On Fri, Jan 11, 2008 at 11:23:48PM -0800, [EMAIL PROTECTED] wrote:
It's not the same as the picture and the man, because in the case of
code vs. data it is entirely a matter of context rather than an inherent
property of the data.
I was just trying to say that a bunch of bits just //represents//
procedures but
are not the procedures themselves. The actual procedures are a series of
operations in space and time. For example, SWAP(registerA, registerB) only
represents the physical procedure of swapping voltages between perhaps 2
areas of metal. I won't belabor this point anymore. Not sure if it leads to
anything useful.
Functions as first-class data has _nothing_ to do with manipulation of
machine code, or even the generation of the machine code. The language can
be entirely compiled beforehand, and functions generated and manipulated at
will. Lisp macros are about manipulation the program text/structure before
it is compiled. 'eval' is about having the compiler available at runtime
so new pieces of code can be synthesized while the system is running.
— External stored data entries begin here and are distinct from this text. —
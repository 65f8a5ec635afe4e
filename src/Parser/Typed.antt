-- ===== src/Parser/Typed.antt =====
-- The conditions of a plan that the parser gives compare values of one type: komfydb/parser.cc.
use mathlib.Core.List.{append-nil}
use mathlib.Core.Path.{subst}
use komfy_db.Base.{
  inl, inr, ◌≡◌, refl, sym, ◌∙◌, List, [], ◌∷◌, ◌++◌, ℕ, Option, none, some, Bytes, bytes_eq, All,
  All-append, All-imp, Option-cases,
}
use komfy_db.Base.Maps.{lookup}
use komfy_db.Base.Status.{StatusOr, ok, err, fault, no_fuel, invalid_argument}
use komfy_db.Common.Field.{FieldType, get_type}
use komfy_db.Execution.LogicalPlan.{
  ColumnRef, LogicalPlan, FilterNode, two_columns, column_constant, JoinNode, join_columns,
  join_subplan, AggregateNode, check_column_ref, get_column_type,
}
use komfy_db.Execution.LogicalPlan.Build.{
  Call, run, scan, join, subquery_join, filter_col_col, filter_col_const, group_by, aggregate,
  select, order_by, limit_to, Reachable, passed, scan_found, add_scan, add_typed, convert_selects,
  select_into, add_aggregate, add_join, add_subquery_join, add_filter_col_col, add_filter_col_const,
  add_group_by, add_select, add_order_by, add_limit,
}
use komfy_db.Execution.Aggregator.{AggregateType, get_aggregate_type, aggregate_type_to_string}
use komfy_db.Execution.LogicalPlan.Resolved.{IsResolved, insert_other}
use komfy_db.Execution.LogicalPlan.Reached.{Reachable-IsResolved}
use komfy_db.Parser.Built.{Built, SameType, Allowed}
use komfy_db.Parser.Kept.{generate_logical_plan-Built}
use komfy_db.Parser.Select.{generate_logical_plan}
use komfy_db.Parser.Syntax.{SelectStatement}
use komfy_db.Storage.Catalog.{Catalog}

module _ {Sub : Type 0} where
  -- A filter compares a column with a column or a constant of its type.
  abbrev pub FilterTyped : LogicalPlan Sub → FilterNode → Type 0
  FilterTyped p (two_columns lcol op rcol) = SameType p lcol rcol
  FilterTyped p (column_constant lcol op constant) = get_column_type p lcol ≡ ok (get_type constant)

  -- A join of two tables compares columns of one type.
  abbrev pub JoinTyped : LogicalPlan Sub → JoinNode Sub → Type 0
  JoinTyped p (join_columns lref op rref) = SameType p lref rref
  JoinTyped p (join_subplan lref op subplan) = Unit

  pub record IsTyped (p : LogicalPlan Sub) : Type 0 where
    pub filters : All (FilterTyped p) p.filters
    pub joins : All (JoinTyped p) p.joins

  -- The columns of `p` have their types in `q`.
  record Keeps (p q : LogicalPlan Sub) : Type 0 where
    types :
        (ref : ColumnRef) (t : FieldType)
        → get_column_type p ref ≡ ok t
        → get_column_type q ref ≡ ok t

  kept-SameType :
      {p q : LogicalPlan Sub} (l r : ColumnRef) → Keeps p q → SameType p l r → SameType q l r
  kept-SameType l r k (t, hl, hr) = (t, k.types l t hl, k.types r t hr)

  kept-FilterTyped :
      {p q : LogicalPlan Sub} → Keeps p q → (f : FilterNode) → FilterTyped p f → FilterTyped q f
  kept-FilterTyped k (two_columns lcol op rcol) h = kept-SameType lcol rcol k h
  kept-FilterTyped k (column_constant lcol op constant) h = k.types lcol (get_type constant) h

  kept-JoinTyped :
      {p q : LogicalPlan Sub} → Keeps p q → (j : JoinNode Sub) → JoinTyped p j → JoinTyped q j
  kept-JoinTyped k (join_columns lref op rref) h = kept-SameType lref rref k h
  kept-JoinTyped k (join_subplan lref op subplan) h = tt

  -- Nothing but a scan changes what the type of a column is read from.
  same_tables :
      (p q : LogicalPlan Sub) → q.catalog ≡ p.catalog → q.alias_to_id ≡ p.alias_to_id → Keeps p q
  unfolding get_column_type
  same_tables p q e e' = record { types = λ ref t h. rw (e, e') h }

  -- the conditions of `p`, kept in `q`, with those that `q` has besides
  grown :
      (p q : LogicalPlan Sub) (fs : List FilterNode) (js : List (JoinNode Sub))
      → Keeps p q
      → q.filters ≡ p.filters ++ fs
      → q.joins ≡ p.joins ++ js
      → All (FilterTyped q) fs
      → All (JoinTyped q) js
      → IsTyped p
      → IsTyped q
  grown p q fs js k ef ej hf hj t = record {
    filters = subst (All (FilterTyped q)) (sym ef) (
        All-append (FilterTyped q) p.filters fs
          (All-imp (FilterTyped p) (FilterTyped q) p.filters (kept-FilterTyped k) t.filters) hf);
    joins = subst (All (JoinTyped q)) (sym ej) (
        All-append (JoinTyped q) p.joins js
          (All-imp (JoinTyped p) (JoinTyped q) p.joins (kept-JoinTyped k) t.joins) hj);
  }

  -- a plan with the tables and conditions of `p`
  unchanged :
      (p q : LogicalPlan Sub)
      → q.catalog ≡ p.catalog
      → q.alias_to_id ≡ p.alias_to_id
      → q.filters ≡ p.filters
      → q.joins ≡ p.joins
      → IsTyped p
      → IsTyped q
  unchanged p q ec ea ef ej t =
      grown p q [] [] (same_tables p q ec ea) (ef ∙ sym (append-nil p.filters))
        (ej ∙ sym (append-nil p.joins)) tt tt t

  -- a call of which the checks may have failed
  passed-IsTyped :
      (r : StatusOr (Unit {0})) (p : LogicalPlan Sub) (done : LogicalPlan Sub × StatusOr (Unit {0}))
      → IsTyped p
      → IsTyped done.0
      → IsTyped (passed r p done).0
  passed-IsTyped (ok tt) p done h k = k
  passed-IsTyped (err c) p done h k = h
  passed-IsTyped fault p done h k = h
  passed-IsTyped no_fuel p done h k = h

  found-IsTyped :
      (id : ℕ) (alias : Bytes) (p : LogicalPlan Sub) (found : Option ℕ)
      → lookup bytes_eq alias p.alias_to_id ≡ found
      → IsTyped p
      → IsTyped (scan_found id alias p found).0
  unfolding get_column_type
  found-IsTyped id alias p (some old) e t = t
  found-IsTyped id alias p none e t =
      let q = (scan_found id alias p none).0 in
      grown p q [] [] (record { types = still }) (sym (append-nil p.filters))
        (sym (append-nil p.joins)) tt tt t
    where
      still :
          (ref : ColumnRef) (t : FieldType)
          → get_column_type p ref ≡ ok t
          → get_column_type (scan_found id alias p none).0 ref ≡ ok t
      still ref t h = elim (Option-cases (lookup bytes_eq ref.table p.alias_to_id)) [
        | inl missing ↦
            let clash : ◌≡◌ {A = StatusOr FieldType} (err invalid_argument) (ok t) =
              rw missing at h in
            cc
        | inr (old, there) ↦ rw (insert_other alias ref.table id old p.alias_to_id e there) h
      ]

  add_typed-IsTyped :
      (ref : ColumnRef) (p : LogicalPlan Sub) (r : StatusOr AggregateType)
      → IsTyped p
      → IsTyped (add_typed ref (convert_selects p) r).0
  add_typed-IsTyped ref p (ok agg_type) t = unchanged p _ refl refl refl refl t
  add_typed-IsTyped ref p (err c) t = unchanged p _ refl refl refl refl t
  add_typed-IsTyped ref p fault t = unchanged p _ refl refl refl refl t
  add_typed-IsTyped ref p no_fuel t = unchanged p _ refl refl refl refl t

  aggregate-IsTyped :
      (agg_fun : Bytes) (ref : ColumnRef) (p : LogicalPlan Sub)
      → IsTyped p
      → IsTyped (run (aggregate agg_fun ref) p).0
  unfolding add_aggregate
  aggregate-IsTyped agg_fun ref p t =
      passed-IsTyped (check_column_ref p ref) p
        (add_typed ref (convert_selects p) (get_aggregate_type agg_fun)) t
        (add_typed-IsTyped ref p (get_aggregate_type agg_fun) t)

  select-IsTyped :
      (ref : ColumnRef) (p : LogicalPlan Sub) (aggregates : List AggregateNode)
      → IsTyped p
      → IsTyped (select_into ref p aggregates).0
  select-IsTyped ref p [] t =
      passed-IsTyped (check_column_ref p ref) p
        (record p { selects = p.selects ++ ref ∷ [] }, ok tt) t
        (unchanged p _ refl refl refl refl t)
  select-IsTyped ref p (a ∷ rest) t =
      aggregate-IsTyped (aggregate_type_to_string AggregateType.none) ref p t

  run-IsTyped :
      (call : Call Sub) (p : LogicalPlan Sub) → Allowed p call → IsTyped p → IsTyped (run call p).0
  unfolding add_scan add_join add_subquery_join add_filter_col_col add_filter_col_const add_group_by
      add_select add_order_by add_limit
  run-IsTyped (scan table_id alias) p h t =
      found-IsTyped table_id alias p (lookup bytes_eq alias p.alias_to_id) refl t
  run-IsTyped (join lref op rref) p h t = passed-IsTyped _ p _ t (
      grown p _ [] (join_columns lref op rref ∷ []) (same_tables p _ refl refl)
        (sym (append-nil p.filters)) refl tt
        (kept-SameType lref rref (same_tables p _ refl refl) h, tt) t)
  run-IsTyped (subquery_join ref op subplan) p h t = passed-IsTyped _ p _ t (
      grown p _ [] (join_subplan ref op subplan ∷ []) (same_tables p _ refl refl)
        (sym (append-nil p.filters)) refl tt (tt, tt) t)
  run-IsTyped (filter_col_col lref op rref) p h t = passed-IsTyped _ p _ t (
      grown p _ (two_columns lref op rref ∷ []) [] (same_tables p _ refl refl) refl
        (sym (append-nil p.joins)) (kept-SameType lref rref (same_tables p _ refl refl) h, tt) tt t)
  run-IsTyped (filter_col_const ref op constant) p h t =
      let k =
        same_tables p (record p { filters = p.filters ++ column_constant ref op constant ∷ [] })
          refl refl in
      passed-IsTyped _ p _ t (
        grown p _ (column_constant ref op constant ∷ []) [] k refl (sym (append-nil p.joins))
          (k.types ref (get_type constant) h, tt) tt t)
  run-IsTyped (group_by ref) p h t = passed-IsTyped _ p _ t (unchanged p _ refl refl refl refl t)
  run-IsTyped (aggregate agg_fun ref) p h t = aggregate-IsTyped agg_fun ref p t
  run-IsTyped (select ref) p h t = select-IsTyped ref p p.aggregates t
  run-IsTyped (order_by ref asc) p h t =
      passed-IsTyped _ p _ t (unchanged p _ refl refl refl refl t)
  run-IsTyped (limit_to limit) p h t = unchanged p _ refl refl refl refl t

  Built-IsTyped : {c : Catalog} {p : LogicalPlan Sub} → Built Sub c p → IsTyped p
  Built-IsTyped Built.empty = record { filters = tt; joins = tt }
  Built-IsTyped (Built.called {p} b call h) = run-IsTyped call p h (Built-IsTyped b)

  Built-Reachable : {c : Catalog} {p : LogicalPlan Sub} → Built Sub c p → Reachable Sub c p
  Built-Reachable Built.empty = Reachable.start
  Built-Reachable (Built.called b call h) = Reachable.step (Built-Reachable b) call

-- Whatever SELECT the parser makes a plan of, every column that the plan names is the star or a column of
-- the table of its alias, and every filter and every join of two tables compares values of one type.
pub generate_logical_plan_sound :
    {Sub : Type 0} (pack : LogicalPlan Sub → Sub) (c : Catalog) (stmt : SelectStatement)
    {plan : LogicalPlan Sub}
    → generate_logical_plan pack c stmt ≡ ok plan
    → IsResolved plan × IsTyped plan
generate_logical_plan_sound pack c stmt h =
    let b = generate_logical_plan-Built pack c stmt h in
    (Reachable-IsResolved (Built-Reachable b), Built-IsTyped b)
They
are three very distinct concepts.
Generally, in a functional language, the piece of data that represents a
function is _not_ the actual code for that function. One representation,
would be as a pointer two a pair of pointers (there are more efficient
ways, though). The first pointer would be the address of the machine code
for the operation, and the second would be to the closure the function
needs.
Let's say I write:
(define (foo x)
(lambda (y) (+ x y)))
If I invoke (foo x), I get back a function. My implementation show it as
something like #<procedure #f (y)> (the #f is because I didn't give it a
name).
This function object coming back has a pointer to a piece of generated code
(generated at compile time), and a pointer to a closure, which in this case
will contain a single value that has what was passed into foo.
Now, try:
(define addem (foo 4))
Notice that 'addem' is defined as a variable definition, not as a function
definition. It gets this function object with a pointer to the generated
code for the lambda, and a newly created closure which contains a 4.
Now we can do
(addem 5)
9
and invoke our new function. Perhaps this will be clearer if our special
function modifies the closure.
(define (bar x)
(lambda (y)
(set! x (+ x y))
x))
(define addbar (bar 4))
The behavior is a bit different here:
(addbar 5)
9
(addbar 3)
12
The copy of the '4' that was made into the new closure is now being
modified by the lambda expression. Each invocation of 'bar' will give me a
new closure, which will have it's own added.